-- ===== src/PageTable/Defs.antt =====
-- src/memory/pagetable/pagetable.rs: PageTable over the memory that its tables lie in. A table is the
-- physical address of its frame, and a slot is an entry of a table; the kernel's window onto the
-- physical memory is one to one, so a table is accessed by this address.
use mankoros.Base.{
  ℕ, zero, suc, ◌+◌, ◌/◌, ◌%◌, ◌^◌, Bool, true, false, not, Option, none, some, List, [], ◌∷◌, ◌++◌,
  ltb, if◌then◌else◌, update, Run, ok, panic, ◌>>=◌, ◌>>◌, assert, unwrap, sub_usize,
}
use mankoros.Address.{page_size}
use mankoros.Address.Virt
use mankoros.Address.Phys
use mankoros.Frame
use mankoros.Frame.{Frames}
use mankoros.Pte
use mankoros.Pte.{PteFlags, no_flags}

abbrev pub entry_count : ℕ
entry_count = 512

unfoldable pub p3_index : ℕ → ℕ
p3_index vaddr = vaddr / 2 ^ (12 + 18) % entry_count

unfoldable pub p2_index : ℕ → ℕ
p2_index vaddr = vaddr / 2 ^ (12 + 9) % entry_count

unfoldable pub p1_index : ℕ → ℕ
p1_index vaddr = vaddr / 2 ^ 12 % entry_count

pub record PageTable : Type 0 where
  pub root_paddr : ℕ
  pub intrm_tables : List ℕ
  pub no_alloc : Bool

-- the contents of the tables, the frames, and the frames that the allocator takes from now on
pub record Memory : Type 0 where
  pub entries : ℕ → ℕ → ℕ
  pub frames : Frames
  pub picks : List ℕ

-- the entry with an index in a table
pub record Slot : Type 0 where
  pub table : ℕ
  pub index : ℕ

abbrev pub read : Memory → Slot → ℕ
read m s = m.entries s.table s.index

abbrev pub write : Memory → Slot → ℕ → Memory
write m s e = record m { entries = update m.entries s.table (update (m.entries s.table) s.index e) }

abbrev pub first : List ℕ → Option ℕ
first [] = none
first (p ∷ ps) = some p

abbrev pub rest : List ℕ → List ℕ
rest [] = []
rest (p ∷ ps) = ps

unfoldable pub alloc_table : Memory → Run (ℕ × Memory)
alloc_table m = Frame.alloc_frame m.frames (first m.picks) >>= λ (got, fs). unwrap got >>= λ paddr.
    ok (
      paddr,
      record { entries = update m.entries paddr (λ _. 0); frames = fs; picks = rest m.picks },
    )

unfoldable pub new : Memory → Run (PageTable × Memory)
new m = alloc_table m >>= λ (root_paddr, m').
    ok (record { root_paddr = root_paddr; intrm_tables = root_paddr ∷ []; no_alloc = false }, m')

unfoldable pub new_with_kernel_seg : Memory → ℕ → Run (PageTable × Memory)
new_with_kernel_seg m boot_root_paddr = alloc_table m >>= λ (root_paddr, m'). ok (
  record { root_paddr = root_paddr; intrm_tables = root_paddr ∷ []; no_alloc = false },
  record m' { entries = update m'.entries root_paddr (m'.entries boot_root_paddr) },
)

unfoldable pub new_with_paddr : ℕ → PageTable
new_with_paddr paddr = record { root_paddr = paddr; intrm_tables = paddr ∷ []; no_alloc = false }

unfoldable pub new_with_paddr_no_heap_alloc : ℕ → PageTable
new_with_paddr_no_heap_alloc paddr = record {
  root_paddr = paddr;
  intrm_tables = [];
  no_alloc = true;
}

-- the entries from index 0 to `n - 1` of a table, in order
unfoldable pub clear_entries : Memory → ℕ → ℕ → Memory
clear_entries m table zero = m
clear_entries m table (suc n) =
    write (clear_entries m table n) (record { table = table; index = n }) Pte.empty

unfoldable pub unmap_user_space : PageTable → Memory → Memory
unmap_user_space t m = clear_entries m t.root_paddr (entry_count / 2)

unfoldable pub next_table_mut_opt : ℕ → Run (Option ℕ)
next_table_mut_opt pte =
    let found = assert (Pte.is_directory pte) >> ok (some (Pte.paddr pte)) in
    if Pte.is_valid pte then found else ok none

unfoldable pub next_table_mut : ℕ → Run ℕ
next_table_mut pte = assert (Pte.is_valid pte) >> ok (Pte.paddr pte)

-- the entry of a directory
abbrev pub directory : ℕ → ℕ
directory paddr = Pte.new paddr (record no_flags { v = true })

unfoldable pub next_table_mut_or_create : PageTable → Memory → Slot → Run (ℕ × PageTable × Memory)
unfolding next_table_mut
next_table_mut_or_create t m pte =
    let created = alloc_table m >>= λ (paddr, m'). ok (
      paddr,
      if t.no_alloc then t else record t { intrm_tables = t.intrm_tables ++ paddr ∷ [] },
      write m' pte (directory paddr),
    ) in
    let present = next_table_mut (read m pte) >>= λ paddr. ok (paddr, t, m) in
    if not (Pte.is_valid (read m pte)) then created else present

abbrev pub slot_3 : PageTable → ℕ → Slot
slot_3 t vaddr = record { table = t.root_paddr; index = p3_index vaddr }

abbrev pub slot_2 : ℕ → ℕ → Slot
slot_2 p2 vaddr = record { table = p2; index = p2_index vaddr }

abbrev pub slot_1 : ℕ → ℕ → Slot
slot_1 p1 vaddr = record { table = p1; index = p1_index vaddr }

-- `?` on an option
abbrev pub and_then : {A B : Type 0} → Option A → (A → Run (Option B)) → Run (Option B)
and_then none f = ok none
and_then (some a) f = f a

unfoldable pub get_entry_mut_opt : PageTable → Memory → ℕ → Run (Option Slot)
unfolding next_table_mut_opt
get_entry_mut_opt t m vaddr = do
  o2 ← next_table_mut_opt (read m (slot_3 t vaddr))
  and_then o2 (λ p2. next_table_mut_opt (read m (slot_2 p2 vaddr)) >>= λ o1.
      and_then o1 (λ p1.
        ok (if Pte.is_valid (read m (slot_1 p1 vaddr)) then some (slot_1 p1 vaddr) else none)))

unfoldable pub get_entry_mut : PageTable → Memory → ℕ → Run Slot
unfolding next_table_mut
get_entry_mut t m vaddr = do
  p2 ← next_table_mut (read m (slot_3 t vaddr))
  p1 ← next_table_mut (read m (slot_2 p2 vaddr))
  ok (slot_1 p1 vaddr)

unfoldable pub get_entry_mut_or_create : PageTable → Memory → ℕ → Run (Slot × PageTable × Memory)
unfolding next_table_mut_or_create
get_entry_mut_or_create t m vaddr =
    next_table_mut_or_create t m (slot_3 t vaddr) >>= λ (p2, t2, m2).
    next_table_mut_or_create t2 m2 (slot_2 p2 vaddr) >>= λ (p1, t1, m1).
    ok (slot_1 p1 vaddr, t1, m1)

-- `PageTableEntry::new(paddr, PTEFlags::V | flags)`
abbrev pub new_pte : ℕ → PteFlags → ℕ
new_pte paddr flags = Pte.new paddr (record flags { v = true })

unfoldable pub map_page : PageTable → Memory → ℕ → ℕ → PteFlags → Run (PageTable × Memory)
unfolding get_entry_mut_or_create
map_page t m vaddr paddr flags =
    assert (Phys.is_valid paddr)
    >> (get_entry_mut_or_create t m vaddr >>= λ (entry, t', m').
        assert (not (Pte.is_valid (read m' entry)))
        >> ok (t', write m' entry (new_pte paddr flags)))

unfoldable pub remap_page : PageTable → Memory → ℕ → ℕ → PteFlags → Run (PageTable × Memory)
unfolding get_entry_mut_or_create
remap_page t m vaddr paddr flags =
    assert (Phys.is_valid paddr)
    >> (get_entry_mut_or_create t m vaddr >>= λ (entry, t', m').
        ok (t', write m' entry (new_pte paddr flags)))

unfoldable pub unmap_page : PageTable → Memory → ℕ → Run (ℕ × Memory)
unfolding get_entry_mut
unmap_page t m vaddr = do
  entry ← get_entry_mut t m vaddr
  let paddr = Pte.paddr (read m entry)
  assert (Pte.is_valid (read m entry))
  ok (paddr, write m entry (Pte.clear (read m entry)))

-- `while size > 0`, with fuel for one page each
unfoldable pub map_region_loop :
    ℕ → PageTable → Memory → ℕ → ℕ → ℕ → PteFlags → Run (PageTable × Memory)
unfolding map_page
map_region_loop zero t m vaddr paddr size flags = panic
map_region_loop (suc fuel) t m vaddr paddr size flags =
    let again = map_page t m vaddr paddr flags >>= λ (t', m'). Virt.next_page vaddr >>= λ v.
    Phys.next_page paddr >>= λ p.
    sub_usize size page_size >>= λ s. map_region_loop fuel t' m' v p s flags in
    if ltb 0 size then again else ok (t, m)

unfoldable pub map_region : PageTable → Memory → ℕ → ℕ → ℕ → PteFlags → Run (PageTable × Memory)
unfolding map_region_loop
map_region t m vaddr paddr size flags =
    map_region_loop (size / page_size + 2) t m vaddr paddr size flags

unfoldable pub unmap_region_loop : ℕ → PageTable → Memory → ℕ → ℕ → Run Memory
unfolding unmap_page
unmap_region_loop zero t m vaddr size = panic
unmap_region_loop (suc fuel) t m vaddr size =
    let again = unmap_page t m vaddr >>= λ (_, m'). Virt.next_page vaddr >>= λ v.
    sub_usize size page_size >>= λ s. unmap_region_loop fuel t m' v s in
    if ltb 0 size then again else ok m

unfoldable pub unmap_region : PageTable → Memory → ℕ → ℕ → Run Memory
unfolding unmap_region_loop
unmap_region t m vaddr size = unmap_region_loop (size / page_size + 2) t m vaddr size

unfoldable pub get_pte_copied_from_vpn : PageTable → Memory → ℕ → Run (Option ℕ)
unfolding get_entry_mut_opt
get_pte_copied_from_vpn t m vpn = Virt.addr vpn >>= λ vaddr.
    get_entry_mut_opt t m vaddr >>= λ o. and_then o (λ entry. ok (some (read m entry)))

unfoldable pub get_paddr_from_vaddr : PageTable → Memory → ℕ → Run ℕ
unfolding get_entry_mut
get_paddr_from_vaddr t m vaddr =
    get_entry_mut t m vaddr >>= λ entry. ok (Pte.paddr (read m entry) + Virt.page_offset vaddr)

• [What you need to do]
Please output exactly the lines between the one holding "and_then o2 (λ" and the one holding "p2 ← next_table_mut" in the records above, inclusive, and nothing more.

• [Exercise result]
  and_then o2 (λ p2. next_table_mut_opt (read m (slot_2 p2 vaddr)) >>= λ o1.
      and_then o1 (λ p1.
        ok (if Pte.is_valid (read m (slot_1 p1 vaddr)) then some (slot_1 p1 vaddr) else none)))

unfoldable pub get_entry_mut : PageTable → Memory → ℕ → Run Slot
unfolding next_table_mut
get_entry_mut t m vaddr = do
  p2 ← next_table_mut (read m (slot_3 t vaddr))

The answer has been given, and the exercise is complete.